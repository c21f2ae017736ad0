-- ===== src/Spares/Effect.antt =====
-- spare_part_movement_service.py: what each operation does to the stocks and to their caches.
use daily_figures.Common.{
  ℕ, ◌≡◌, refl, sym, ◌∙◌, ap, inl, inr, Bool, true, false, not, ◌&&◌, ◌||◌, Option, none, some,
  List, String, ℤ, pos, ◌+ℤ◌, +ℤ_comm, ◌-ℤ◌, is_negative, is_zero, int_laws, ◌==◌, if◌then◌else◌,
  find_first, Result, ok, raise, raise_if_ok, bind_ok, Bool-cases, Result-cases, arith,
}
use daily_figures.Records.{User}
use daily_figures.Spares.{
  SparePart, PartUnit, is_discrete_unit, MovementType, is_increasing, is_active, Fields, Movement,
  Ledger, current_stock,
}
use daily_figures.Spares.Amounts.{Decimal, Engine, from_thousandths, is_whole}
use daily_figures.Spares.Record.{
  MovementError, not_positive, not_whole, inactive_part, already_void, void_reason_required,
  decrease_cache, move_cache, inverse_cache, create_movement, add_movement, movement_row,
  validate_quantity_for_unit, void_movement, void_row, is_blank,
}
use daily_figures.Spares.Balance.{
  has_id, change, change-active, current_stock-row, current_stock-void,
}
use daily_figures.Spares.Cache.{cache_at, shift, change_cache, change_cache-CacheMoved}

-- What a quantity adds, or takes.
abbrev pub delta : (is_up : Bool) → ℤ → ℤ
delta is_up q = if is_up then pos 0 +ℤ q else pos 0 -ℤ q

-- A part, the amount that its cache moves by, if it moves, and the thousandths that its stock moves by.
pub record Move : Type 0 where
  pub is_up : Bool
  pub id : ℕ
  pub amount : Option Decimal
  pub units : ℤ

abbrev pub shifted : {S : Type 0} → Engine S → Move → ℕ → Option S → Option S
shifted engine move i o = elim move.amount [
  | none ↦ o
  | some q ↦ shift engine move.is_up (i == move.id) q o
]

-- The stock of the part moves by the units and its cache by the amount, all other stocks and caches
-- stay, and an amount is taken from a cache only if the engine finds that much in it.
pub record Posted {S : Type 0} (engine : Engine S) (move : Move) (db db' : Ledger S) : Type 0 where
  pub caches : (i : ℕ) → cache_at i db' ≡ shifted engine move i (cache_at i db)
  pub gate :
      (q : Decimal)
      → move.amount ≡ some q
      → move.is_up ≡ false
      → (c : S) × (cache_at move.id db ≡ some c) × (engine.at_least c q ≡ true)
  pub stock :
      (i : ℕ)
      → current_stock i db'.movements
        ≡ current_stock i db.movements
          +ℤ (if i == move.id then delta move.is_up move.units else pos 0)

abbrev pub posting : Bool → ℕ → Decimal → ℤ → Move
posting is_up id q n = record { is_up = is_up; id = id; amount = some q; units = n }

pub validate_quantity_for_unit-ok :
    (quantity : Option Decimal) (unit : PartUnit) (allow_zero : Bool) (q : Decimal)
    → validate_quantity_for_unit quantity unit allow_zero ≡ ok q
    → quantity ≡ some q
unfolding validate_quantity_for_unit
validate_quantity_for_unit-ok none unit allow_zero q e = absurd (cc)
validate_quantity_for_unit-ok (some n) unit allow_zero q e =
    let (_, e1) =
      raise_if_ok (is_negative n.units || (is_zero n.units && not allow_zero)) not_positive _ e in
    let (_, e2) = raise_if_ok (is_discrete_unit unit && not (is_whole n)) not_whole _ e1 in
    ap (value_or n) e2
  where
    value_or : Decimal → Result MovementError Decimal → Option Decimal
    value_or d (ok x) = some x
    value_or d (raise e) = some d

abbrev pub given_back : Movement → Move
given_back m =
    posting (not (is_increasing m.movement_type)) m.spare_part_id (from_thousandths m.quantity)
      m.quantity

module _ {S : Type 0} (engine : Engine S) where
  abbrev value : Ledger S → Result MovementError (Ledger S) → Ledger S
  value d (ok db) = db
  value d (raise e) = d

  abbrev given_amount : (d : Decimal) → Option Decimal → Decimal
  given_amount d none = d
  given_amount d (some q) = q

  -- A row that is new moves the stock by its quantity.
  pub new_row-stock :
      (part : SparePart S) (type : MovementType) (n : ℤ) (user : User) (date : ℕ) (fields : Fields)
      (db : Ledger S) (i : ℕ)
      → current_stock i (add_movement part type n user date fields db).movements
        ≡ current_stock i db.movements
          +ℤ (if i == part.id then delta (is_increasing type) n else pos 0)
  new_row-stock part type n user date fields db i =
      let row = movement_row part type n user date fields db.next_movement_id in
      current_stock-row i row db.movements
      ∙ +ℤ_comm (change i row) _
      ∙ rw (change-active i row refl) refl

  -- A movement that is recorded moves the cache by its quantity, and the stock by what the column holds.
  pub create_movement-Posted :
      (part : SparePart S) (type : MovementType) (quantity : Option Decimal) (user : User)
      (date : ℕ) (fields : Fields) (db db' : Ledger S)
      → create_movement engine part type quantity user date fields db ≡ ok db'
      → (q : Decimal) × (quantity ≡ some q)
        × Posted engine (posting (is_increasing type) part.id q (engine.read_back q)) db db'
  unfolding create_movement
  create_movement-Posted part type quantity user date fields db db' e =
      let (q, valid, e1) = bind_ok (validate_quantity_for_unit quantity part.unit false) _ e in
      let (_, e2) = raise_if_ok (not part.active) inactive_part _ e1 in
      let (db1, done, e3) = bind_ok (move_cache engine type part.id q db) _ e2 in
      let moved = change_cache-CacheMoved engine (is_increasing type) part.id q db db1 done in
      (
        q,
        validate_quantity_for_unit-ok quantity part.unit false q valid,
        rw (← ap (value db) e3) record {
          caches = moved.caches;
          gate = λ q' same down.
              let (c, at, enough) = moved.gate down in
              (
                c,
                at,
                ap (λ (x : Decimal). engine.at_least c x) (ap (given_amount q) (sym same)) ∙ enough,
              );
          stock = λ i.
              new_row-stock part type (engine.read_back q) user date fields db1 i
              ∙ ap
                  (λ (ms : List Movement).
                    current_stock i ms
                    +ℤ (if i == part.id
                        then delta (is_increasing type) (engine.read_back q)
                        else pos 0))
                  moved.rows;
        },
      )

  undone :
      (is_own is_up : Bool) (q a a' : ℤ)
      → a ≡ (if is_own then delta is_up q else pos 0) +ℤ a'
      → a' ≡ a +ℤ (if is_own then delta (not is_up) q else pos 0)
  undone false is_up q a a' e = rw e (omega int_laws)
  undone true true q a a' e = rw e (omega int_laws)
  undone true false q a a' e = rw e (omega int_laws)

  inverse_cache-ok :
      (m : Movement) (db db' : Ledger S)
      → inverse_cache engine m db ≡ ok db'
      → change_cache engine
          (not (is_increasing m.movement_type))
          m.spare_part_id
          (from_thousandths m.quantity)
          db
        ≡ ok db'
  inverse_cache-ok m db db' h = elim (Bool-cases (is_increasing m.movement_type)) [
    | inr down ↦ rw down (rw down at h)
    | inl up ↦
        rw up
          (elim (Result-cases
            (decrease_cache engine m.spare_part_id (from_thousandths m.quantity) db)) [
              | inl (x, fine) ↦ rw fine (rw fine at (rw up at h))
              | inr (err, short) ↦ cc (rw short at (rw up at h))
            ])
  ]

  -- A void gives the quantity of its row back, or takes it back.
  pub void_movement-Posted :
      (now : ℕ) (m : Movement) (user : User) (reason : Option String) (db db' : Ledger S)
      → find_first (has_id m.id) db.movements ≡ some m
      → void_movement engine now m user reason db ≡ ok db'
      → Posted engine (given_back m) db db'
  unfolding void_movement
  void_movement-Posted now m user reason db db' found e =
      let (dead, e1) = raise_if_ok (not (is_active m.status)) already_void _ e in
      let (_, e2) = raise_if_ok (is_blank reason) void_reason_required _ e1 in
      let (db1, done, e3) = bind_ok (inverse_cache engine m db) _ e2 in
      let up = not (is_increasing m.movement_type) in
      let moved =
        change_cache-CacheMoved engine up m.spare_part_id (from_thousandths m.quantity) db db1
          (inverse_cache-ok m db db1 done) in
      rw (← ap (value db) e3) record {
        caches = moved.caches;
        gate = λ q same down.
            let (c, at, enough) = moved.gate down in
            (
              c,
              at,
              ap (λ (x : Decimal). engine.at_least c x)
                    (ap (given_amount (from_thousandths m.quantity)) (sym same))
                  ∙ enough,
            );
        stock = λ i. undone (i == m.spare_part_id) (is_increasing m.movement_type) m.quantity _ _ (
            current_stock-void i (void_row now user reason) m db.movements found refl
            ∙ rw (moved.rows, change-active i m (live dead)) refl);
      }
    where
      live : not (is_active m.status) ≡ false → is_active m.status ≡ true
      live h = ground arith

Your goal
Pull each line holding "String" out of the listing.

Exercise answer
  List, String, ℤ, pos, ◌+ℤ◌, +ℤ_comm, ◌-ℤ◌, is_negative, is_zero, int_laws, ◌==◌, if◌then◌else◌,
      (now : ℕ) (m : Movement) (user : User) (reason : Option String) (db db' : Ledger S)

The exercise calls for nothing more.